_Work to be completed_
Which lines of the data contain the string "create"? Show each of them.

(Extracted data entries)
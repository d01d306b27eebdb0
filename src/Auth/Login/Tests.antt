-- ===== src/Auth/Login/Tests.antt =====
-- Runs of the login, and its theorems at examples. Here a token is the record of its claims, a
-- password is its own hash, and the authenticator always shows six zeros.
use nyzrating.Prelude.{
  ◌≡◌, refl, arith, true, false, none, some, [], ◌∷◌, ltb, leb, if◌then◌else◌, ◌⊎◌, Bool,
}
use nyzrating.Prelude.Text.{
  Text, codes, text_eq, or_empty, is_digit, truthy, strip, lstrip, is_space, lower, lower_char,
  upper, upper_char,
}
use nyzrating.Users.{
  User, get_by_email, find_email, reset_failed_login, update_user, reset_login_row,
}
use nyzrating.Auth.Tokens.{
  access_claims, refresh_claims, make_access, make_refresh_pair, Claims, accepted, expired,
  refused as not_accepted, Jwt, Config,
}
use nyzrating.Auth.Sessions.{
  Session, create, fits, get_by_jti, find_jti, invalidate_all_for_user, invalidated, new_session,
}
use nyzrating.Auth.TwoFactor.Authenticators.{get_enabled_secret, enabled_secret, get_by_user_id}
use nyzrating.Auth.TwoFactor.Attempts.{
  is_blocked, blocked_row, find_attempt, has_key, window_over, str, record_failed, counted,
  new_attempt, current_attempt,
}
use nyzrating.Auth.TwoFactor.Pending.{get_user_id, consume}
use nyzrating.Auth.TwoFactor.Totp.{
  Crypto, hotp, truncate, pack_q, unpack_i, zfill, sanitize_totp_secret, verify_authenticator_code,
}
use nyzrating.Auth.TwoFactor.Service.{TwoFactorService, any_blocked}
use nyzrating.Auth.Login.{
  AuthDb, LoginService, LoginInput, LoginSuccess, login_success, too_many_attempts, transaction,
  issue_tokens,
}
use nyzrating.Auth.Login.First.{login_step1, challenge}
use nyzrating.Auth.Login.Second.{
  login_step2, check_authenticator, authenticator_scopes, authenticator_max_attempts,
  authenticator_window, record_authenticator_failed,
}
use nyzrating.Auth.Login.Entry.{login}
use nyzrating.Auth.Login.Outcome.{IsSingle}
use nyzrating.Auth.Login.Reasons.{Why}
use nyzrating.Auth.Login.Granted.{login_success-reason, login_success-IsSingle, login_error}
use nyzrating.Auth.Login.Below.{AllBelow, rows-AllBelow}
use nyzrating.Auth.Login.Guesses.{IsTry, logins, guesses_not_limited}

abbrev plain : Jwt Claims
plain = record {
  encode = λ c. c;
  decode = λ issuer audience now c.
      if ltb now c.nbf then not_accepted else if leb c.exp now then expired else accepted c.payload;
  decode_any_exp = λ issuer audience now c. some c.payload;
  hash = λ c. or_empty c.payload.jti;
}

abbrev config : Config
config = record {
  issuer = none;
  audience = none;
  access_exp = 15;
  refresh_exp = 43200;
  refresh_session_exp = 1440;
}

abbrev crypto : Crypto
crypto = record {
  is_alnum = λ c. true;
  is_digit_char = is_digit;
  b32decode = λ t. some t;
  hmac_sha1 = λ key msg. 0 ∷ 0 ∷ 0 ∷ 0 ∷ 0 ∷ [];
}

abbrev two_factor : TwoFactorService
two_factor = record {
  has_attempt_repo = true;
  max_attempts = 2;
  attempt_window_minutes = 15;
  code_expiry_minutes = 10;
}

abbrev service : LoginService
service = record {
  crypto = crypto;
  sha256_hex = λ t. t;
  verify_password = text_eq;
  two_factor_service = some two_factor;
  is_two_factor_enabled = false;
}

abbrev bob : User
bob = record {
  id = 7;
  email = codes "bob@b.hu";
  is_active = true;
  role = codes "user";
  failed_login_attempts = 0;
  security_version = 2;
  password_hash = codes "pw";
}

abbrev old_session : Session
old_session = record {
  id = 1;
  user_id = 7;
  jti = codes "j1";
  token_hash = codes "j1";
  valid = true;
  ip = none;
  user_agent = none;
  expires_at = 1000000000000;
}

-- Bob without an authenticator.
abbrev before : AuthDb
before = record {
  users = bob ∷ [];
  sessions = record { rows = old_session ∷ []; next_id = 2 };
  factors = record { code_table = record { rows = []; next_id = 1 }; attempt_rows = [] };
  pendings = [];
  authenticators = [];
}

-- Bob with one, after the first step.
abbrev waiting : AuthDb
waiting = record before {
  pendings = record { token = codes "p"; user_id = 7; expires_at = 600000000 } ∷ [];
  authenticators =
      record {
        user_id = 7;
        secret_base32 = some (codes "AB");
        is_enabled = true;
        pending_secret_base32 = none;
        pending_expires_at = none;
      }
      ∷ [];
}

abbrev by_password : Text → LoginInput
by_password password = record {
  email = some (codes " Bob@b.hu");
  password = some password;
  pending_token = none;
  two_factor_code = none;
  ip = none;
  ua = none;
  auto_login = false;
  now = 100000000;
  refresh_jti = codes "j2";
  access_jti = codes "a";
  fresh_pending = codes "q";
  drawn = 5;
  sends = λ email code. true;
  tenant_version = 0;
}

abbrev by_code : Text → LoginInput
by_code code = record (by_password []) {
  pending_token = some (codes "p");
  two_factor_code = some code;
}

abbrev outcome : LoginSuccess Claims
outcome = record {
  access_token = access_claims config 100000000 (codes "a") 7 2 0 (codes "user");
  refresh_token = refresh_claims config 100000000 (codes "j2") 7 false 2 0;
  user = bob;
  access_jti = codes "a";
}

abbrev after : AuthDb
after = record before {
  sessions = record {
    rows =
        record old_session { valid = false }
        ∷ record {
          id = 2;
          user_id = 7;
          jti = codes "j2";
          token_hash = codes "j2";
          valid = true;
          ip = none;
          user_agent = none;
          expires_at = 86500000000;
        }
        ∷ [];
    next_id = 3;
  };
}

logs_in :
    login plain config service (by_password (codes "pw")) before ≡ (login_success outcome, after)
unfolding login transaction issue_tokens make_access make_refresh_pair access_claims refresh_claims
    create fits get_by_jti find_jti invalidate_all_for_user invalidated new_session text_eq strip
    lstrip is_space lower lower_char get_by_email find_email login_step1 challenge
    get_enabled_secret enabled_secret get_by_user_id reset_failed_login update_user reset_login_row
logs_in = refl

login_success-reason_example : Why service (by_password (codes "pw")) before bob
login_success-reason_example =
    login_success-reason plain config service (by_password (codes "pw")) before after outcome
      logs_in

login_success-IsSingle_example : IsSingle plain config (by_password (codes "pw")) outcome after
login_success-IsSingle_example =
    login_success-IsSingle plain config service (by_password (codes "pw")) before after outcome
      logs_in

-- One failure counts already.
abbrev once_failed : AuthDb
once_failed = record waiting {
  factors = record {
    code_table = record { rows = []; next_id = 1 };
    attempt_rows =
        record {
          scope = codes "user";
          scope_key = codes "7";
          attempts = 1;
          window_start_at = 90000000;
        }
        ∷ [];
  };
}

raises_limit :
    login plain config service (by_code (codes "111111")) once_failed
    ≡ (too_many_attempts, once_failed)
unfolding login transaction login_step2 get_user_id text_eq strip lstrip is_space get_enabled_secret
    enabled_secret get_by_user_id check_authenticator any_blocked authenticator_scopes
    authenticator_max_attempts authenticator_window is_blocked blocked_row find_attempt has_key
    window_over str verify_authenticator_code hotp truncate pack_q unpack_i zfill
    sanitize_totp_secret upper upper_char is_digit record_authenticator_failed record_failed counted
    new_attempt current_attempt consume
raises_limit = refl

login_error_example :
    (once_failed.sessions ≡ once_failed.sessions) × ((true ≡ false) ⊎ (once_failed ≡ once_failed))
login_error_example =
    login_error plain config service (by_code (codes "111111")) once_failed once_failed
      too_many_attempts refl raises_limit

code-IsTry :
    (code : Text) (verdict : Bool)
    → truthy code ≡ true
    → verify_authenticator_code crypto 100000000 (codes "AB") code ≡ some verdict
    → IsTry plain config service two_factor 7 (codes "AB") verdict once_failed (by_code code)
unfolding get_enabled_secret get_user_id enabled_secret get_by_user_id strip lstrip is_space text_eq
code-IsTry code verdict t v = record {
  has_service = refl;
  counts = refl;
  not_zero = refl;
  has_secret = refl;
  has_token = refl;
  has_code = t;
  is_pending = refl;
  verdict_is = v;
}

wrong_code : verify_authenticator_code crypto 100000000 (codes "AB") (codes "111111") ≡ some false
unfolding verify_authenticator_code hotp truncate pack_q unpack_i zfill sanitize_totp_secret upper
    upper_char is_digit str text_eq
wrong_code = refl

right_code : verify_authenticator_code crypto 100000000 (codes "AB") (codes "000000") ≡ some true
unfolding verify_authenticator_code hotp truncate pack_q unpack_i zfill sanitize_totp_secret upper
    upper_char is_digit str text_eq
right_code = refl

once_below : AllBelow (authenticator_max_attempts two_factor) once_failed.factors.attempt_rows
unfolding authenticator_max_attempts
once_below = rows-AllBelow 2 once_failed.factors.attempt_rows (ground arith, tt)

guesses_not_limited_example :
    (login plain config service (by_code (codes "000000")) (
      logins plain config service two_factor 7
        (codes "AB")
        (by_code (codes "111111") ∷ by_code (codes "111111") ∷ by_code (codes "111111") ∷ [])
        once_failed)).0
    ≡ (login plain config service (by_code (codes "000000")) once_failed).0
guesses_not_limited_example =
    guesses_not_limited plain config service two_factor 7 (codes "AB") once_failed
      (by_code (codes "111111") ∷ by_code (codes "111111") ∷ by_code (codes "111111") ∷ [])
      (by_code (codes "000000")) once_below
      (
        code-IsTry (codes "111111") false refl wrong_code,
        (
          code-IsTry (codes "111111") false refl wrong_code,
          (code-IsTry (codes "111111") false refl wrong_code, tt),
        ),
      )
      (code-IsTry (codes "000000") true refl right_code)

_Exercise result_
  Session, create, fits, get_by_jti, find_jti, invalidate_all_for_user, invalidated, new_session,
    create fits get_by_jti find_jti invalidate_all_for_user invalidated new_session text_eq strip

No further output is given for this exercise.